→ INSTRUCTIONS TO FOLLOW: Return the data exactly, but only from the line containing "(Step.opens at_start addr" through its last line.

[Saved entries]
====

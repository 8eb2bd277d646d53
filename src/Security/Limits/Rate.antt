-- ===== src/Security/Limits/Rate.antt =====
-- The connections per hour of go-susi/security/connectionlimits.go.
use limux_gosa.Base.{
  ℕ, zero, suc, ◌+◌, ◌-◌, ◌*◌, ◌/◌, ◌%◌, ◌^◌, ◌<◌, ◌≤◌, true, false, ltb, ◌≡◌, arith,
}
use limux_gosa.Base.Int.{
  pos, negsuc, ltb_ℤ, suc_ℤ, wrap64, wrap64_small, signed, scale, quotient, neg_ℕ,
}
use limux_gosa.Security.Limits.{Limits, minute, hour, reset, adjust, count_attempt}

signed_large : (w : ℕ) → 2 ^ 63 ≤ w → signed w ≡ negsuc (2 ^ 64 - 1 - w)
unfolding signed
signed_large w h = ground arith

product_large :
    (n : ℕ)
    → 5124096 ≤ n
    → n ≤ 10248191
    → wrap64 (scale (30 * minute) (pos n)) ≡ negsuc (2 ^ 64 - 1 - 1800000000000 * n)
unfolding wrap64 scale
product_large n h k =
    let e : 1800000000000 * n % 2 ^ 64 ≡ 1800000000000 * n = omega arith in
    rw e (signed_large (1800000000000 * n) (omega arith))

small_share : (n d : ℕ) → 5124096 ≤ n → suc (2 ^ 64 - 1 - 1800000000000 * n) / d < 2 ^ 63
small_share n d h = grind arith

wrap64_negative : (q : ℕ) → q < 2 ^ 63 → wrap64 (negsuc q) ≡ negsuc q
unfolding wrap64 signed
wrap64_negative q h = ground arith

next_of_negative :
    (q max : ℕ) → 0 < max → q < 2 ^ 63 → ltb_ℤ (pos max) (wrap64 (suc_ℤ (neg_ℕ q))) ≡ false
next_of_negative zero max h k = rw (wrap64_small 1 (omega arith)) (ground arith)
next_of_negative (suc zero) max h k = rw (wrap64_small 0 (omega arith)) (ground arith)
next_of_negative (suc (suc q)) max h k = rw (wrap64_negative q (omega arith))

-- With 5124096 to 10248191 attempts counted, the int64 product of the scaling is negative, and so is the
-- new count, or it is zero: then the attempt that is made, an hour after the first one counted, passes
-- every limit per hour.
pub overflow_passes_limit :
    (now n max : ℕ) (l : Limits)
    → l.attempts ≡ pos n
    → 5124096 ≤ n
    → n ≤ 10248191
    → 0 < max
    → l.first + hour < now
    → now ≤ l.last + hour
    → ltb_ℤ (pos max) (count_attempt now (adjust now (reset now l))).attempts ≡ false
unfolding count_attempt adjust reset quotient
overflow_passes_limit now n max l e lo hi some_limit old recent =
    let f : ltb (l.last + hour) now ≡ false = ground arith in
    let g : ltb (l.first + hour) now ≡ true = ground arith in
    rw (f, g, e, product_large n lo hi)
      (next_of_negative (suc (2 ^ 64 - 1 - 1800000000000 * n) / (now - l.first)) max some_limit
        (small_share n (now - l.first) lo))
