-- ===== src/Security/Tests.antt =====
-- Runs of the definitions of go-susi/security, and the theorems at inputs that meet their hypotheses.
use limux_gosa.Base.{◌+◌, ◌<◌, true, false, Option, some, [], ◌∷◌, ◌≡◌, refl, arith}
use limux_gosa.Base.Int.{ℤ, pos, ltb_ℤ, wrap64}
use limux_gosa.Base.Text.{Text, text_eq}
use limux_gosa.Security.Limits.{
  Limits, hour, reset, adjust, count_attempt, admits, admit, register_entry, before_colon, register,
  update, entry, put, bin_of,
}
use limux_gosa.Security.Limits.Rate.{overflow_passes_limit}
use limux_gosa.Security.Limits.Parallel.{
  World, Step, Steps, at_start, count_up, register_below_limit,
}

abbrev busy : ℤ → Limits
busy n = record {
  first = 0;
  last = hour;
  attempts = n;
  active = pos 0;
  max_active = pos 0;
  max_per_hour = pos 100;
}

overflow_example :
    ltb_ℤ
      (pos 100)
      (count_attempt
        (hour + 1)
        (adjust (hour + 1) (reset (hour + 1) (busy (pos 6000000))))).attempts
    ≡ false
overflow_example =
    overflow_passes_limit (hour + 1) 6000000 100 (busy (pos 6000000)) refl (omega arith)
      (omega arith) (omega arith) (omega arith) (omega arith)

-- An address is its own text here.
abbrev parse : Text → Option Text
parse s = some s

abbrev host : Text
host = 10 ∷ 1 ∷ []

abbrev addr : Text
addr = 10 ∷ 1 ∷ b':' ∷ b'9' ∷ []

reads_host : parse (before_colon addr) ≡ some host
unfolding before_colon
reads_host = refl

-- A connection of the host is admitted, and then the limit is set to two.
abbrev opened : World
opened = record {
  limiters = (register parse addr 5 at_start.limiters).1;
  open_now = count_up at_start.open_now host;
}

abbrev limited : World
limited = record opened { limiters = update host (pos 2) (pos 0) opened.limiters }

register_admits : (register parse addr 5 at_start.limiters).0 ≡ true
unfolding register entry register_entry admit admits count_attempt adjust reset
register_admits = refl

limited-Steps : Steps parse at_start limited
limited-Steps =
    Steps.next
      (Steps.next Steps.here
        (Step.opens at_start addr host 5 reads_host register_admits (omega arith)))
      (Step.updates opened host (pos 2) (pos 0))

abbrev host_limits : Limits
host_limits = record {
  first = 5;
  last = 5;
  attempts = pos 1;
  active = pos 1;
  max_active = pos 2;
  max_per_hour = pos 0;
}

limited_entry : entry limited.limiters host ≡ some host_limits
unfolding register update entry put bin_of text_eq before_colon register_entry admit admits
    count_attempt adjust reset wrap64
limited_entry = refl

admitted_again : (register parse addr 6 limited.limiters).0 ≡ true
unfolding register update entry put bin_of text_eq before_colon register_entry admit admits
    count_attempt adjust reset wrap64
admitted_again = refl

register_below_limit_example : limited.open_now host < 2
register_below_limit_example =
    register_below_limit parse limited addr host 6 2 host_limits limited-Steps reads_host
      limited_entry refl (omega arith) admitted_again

====

→ ANSWER TO THIS TASK:
        (Step.opens at_start addr host 5 reads_host register_admits (omega arith)))
      (Step.updates opened host (pos 2) (pos 0))

abbrev host_limits : Limits
host_limits = record {
  first = 5;
  last = 5;
  attempts = pos 1;
  active = pos 1;
  max_active = pos 2;
  max_per_hour = pos 0;
}

limited_entry : entry limited.limiters host ≡ some host_limits
unfolding register update entry put bin_of text_eq before_colon register_entry admit admits
    count_attempt adjust reset wrap64
limited_entry = refl

admitted_again : (register parse addr 6 limited.limiters).0 ≡ true
unfolding register update entry put bin_of text_eq before_colon register_entry admit admits
    count_attempt adjust reset wrap64
admitted_again = refl

register_below_limit_example : limited.open_now host < 2
register_below_limit_example =
    register_below_limit parse limited addr host 6 2 host_limits limited-Steps reads_host
      limited_entry refl (omega arith) admitted_again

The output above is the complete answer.